(Entries taken from a collection)
>>>

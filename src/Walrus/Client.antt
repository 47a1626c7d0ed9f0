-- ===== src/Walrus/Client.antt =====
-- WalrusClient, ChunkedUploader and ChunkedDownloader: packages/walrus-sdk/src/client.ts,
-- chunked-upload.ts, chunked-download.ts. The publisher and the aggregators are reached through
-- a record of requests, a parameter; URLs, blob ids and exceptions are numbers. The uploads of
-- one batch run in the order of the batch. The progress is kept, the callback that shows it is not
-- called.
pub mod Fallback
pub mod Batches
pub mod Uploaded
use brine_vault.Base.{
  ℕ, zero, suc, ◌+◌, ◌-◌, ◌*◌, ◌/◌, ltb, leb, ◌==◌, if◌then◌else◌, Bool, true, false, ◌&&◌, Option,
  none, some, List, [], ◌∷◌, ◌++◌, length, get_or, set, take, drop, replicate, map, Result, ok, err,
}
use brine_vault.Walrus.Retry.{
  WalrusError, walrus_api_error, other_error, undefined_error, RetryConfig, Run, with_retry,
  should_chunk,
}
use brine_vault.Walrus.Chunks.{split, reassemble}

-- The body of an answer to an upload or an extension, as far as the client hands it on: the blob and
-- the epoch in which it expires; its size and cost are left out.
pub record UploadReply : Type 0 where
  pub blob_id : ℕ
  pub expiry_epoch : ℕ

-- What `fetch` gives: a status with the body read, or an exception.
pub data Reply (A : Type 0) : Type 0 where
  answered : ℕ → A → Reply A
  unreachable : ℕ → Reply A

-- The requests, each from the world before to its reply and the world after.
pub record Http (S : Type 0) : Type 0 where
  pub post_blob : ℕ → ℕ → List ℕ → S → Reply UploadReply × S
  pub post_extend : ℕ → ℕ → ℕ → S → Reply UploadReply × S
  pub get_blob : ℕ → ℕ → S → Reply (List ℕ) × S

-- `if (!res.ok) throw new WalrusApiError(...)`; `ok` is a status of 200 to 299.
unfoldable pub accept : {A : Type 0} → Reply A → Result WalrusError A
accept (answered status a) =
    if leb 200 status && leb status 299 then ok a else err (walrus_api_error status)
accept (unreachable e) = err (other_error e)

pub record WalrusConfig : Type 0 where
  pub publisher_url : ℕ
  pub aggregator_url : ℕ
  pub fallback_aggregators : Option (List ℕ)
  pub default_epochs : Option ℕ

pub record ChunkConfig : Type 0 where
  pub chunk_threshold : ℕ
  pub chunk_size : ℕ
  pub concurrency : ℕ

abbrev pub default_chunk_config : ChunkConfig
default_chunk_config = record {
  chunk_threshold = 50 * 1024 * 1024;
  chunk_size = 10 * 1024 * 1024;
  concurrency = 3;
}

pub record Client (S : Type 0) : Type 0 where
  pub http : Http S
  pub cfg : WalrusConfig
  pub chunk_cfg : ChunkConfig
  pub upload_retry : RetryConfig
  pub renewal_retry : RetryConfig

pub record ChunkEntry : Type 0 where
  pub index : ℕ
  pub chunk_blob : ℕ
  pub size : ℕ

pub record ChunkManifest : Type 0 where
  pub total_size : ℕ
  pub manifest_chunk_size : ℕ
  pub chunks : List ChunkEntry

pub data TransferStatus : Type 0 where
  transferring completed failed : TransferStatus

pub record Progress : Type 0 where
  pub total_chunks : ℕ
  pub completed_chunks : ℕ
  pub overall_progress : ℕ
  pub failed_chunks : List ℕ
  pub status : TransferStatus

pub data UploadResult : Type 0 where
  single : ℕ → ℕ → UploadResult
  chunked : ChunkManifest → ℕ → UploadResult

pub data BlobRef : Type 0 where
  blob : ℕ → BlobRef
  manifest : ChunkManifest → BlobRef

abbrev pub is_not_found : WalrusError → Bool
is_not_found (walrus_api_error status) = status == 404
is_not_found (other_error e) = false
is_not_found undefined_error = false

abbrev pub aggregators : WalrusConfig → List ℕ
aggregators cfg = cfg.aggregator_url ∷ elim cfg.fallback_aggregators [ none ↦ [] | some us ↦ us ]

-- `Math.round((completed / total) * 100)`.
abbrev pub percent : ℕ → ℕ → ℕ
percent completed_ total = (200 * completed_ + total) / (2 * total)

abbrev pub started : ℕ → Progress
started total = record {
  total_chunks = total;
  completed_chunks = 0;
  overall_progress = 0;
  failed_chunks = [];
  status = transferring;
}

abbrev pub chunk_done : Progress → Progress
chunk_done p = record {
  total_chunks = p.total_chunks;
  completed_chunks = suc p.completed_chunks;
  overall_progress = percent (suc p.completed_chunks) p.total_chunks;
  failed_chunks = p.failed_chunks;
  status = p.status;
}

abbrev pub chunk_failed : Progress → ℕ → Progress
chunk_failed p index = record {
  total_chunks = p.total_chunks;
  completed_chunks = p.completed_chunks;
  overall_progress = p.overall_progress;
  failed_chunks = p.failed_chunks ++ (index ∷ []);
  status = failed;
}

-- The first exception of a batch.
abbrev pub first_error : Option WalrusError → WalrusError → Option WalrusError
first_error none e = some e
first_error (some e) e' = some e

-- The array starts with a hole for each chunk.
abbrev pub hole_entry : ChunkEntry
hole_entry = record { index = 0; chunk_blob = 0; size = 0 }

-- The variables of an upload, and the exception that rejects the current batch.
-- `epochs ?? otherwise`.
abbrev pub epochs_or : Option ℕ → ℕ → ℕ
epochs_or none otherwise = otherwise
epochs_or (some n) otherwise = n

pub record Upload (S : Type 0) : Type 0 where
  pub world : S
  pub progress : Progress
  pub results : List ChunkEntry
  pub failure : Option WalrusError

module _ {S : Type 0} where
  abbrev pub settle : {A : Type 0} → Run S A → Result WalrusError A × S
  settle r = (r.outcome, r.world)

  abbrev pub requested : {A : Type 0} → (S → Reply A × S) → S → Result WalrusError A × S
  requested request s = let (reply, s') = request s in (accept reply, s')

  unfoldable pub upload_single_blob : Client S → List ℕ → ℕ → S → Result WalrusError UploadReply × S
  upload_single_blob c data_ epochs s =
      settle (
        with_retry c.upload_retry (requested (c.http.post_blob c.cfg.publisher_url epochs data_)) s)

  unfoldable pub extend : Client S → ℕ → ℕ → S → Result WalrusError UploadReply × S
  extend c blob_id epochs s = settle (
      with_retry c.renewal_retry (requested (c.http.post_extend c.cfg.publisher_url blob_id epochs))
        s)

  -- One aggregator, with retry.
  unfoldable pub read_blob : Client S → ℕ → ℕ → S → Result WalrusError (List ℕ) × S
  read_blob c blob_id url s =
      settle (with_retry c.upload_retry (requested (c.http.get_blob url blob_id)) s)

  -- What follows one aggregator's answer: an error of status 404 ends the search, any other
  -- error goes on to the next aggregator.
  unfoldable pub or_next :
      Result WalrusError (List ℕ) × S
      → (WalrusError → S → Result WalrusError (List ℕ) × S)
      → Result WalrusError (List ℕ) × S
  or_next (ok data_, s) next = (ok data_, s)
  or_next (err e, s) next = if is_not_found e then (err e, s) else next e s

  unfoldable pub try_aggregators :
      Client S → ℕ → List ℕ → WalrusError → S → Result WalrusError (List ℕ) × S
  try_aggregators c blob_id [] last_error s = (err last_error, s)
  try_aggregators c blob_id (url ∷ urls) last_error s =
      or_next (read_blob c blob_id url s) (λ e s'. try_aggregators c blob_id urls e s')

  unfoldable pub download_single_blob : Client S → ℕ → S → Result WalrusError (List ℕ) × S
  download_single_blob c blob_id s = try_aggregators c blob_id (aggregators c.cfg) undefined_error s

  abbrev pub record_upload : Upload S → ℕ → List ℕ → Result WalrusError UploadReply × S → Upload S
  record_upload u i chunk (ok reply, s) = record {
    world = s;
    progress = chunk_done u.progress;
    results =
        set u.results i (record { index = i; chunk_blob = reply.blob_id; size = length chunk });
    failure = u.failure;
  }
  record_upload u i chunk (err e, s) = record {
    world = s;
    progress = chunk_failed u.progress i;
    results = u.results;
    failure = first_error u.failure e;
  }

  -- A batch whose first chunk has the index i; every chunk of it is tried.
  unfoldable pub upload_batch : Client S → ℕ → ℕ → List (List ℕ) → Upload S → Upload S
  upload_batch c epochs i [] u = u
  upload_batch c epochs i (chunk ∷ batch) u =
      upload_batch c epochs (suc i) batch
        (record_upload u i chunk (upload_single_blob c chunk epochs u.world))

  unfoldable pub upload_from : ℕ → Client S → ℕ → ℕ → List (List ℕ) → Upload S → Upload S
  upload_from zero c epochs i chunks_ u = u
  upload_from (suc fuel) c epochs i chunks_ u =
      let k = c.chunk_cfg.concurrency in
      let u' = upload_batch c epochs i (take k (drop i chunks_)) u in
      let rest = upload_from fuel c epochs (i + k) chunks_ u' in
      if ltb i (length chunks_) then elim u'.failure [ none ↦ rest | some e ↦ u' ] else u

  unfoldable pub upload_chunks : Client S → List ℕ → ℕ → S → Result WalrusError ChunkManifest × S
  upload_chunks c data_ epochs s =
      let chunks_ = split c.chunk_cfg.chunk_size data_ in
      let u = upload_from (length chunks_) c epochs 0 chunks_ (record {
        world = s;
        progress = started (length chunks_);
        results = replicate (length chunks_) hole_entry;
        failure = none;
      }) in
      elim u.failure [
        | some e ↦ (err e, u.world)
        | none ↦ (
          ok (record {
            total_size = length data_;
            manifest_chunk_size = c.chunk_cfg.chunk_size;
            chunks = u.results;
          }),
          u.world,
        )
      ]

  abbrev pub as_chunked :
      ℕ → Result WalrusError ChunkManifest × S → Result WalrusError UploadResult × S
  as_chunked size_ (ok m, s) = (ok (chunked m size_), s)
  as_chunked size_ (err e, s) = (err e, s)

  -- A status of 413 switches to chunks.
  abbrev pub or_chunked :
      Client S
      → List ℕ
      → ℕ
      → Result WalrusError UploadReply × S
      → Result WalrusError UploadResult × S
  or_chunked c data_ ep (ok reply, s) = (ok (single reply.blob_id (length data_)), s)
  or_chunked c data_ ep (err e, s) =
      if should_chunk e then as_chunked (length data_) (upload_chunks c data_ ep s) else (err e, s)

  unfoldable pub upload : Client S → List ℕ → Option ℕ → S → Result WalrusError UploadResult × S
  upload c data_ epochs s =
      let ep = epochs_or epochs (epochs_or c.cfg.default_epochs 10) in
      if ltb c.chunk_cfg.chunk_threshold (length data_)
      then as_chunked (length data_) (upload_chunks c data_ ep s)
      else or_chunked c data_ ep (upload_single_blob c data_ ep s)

<<<

WORK REQUEST
Copy each line of the records that has "then" in it.

ANSWER BELOW
  ℕ, zero, suc, ◌+◌, ◌-◌, ◌*◌, ◌/◌, ltb, leb, ◌==◌, if◌then◌else◌, Bool, true, false, ◌&&◌, Option,
    if leb 200 status && leb status 299 then ok a else err (walrus_api_error status)
  or_next (err e, s) next = if is_not_found e then (err e, s) else next e s
      if ltb i (length chunks_) then elim u'.failure [ none ↦ rest | some e ↦ u' ] else u
      if should_chunk e then as_chunked (length data_) (upload_chunks c data_ ep s) else (err e, s)
      then as_chunked (length data_) (upload_chunks c data_ ep s)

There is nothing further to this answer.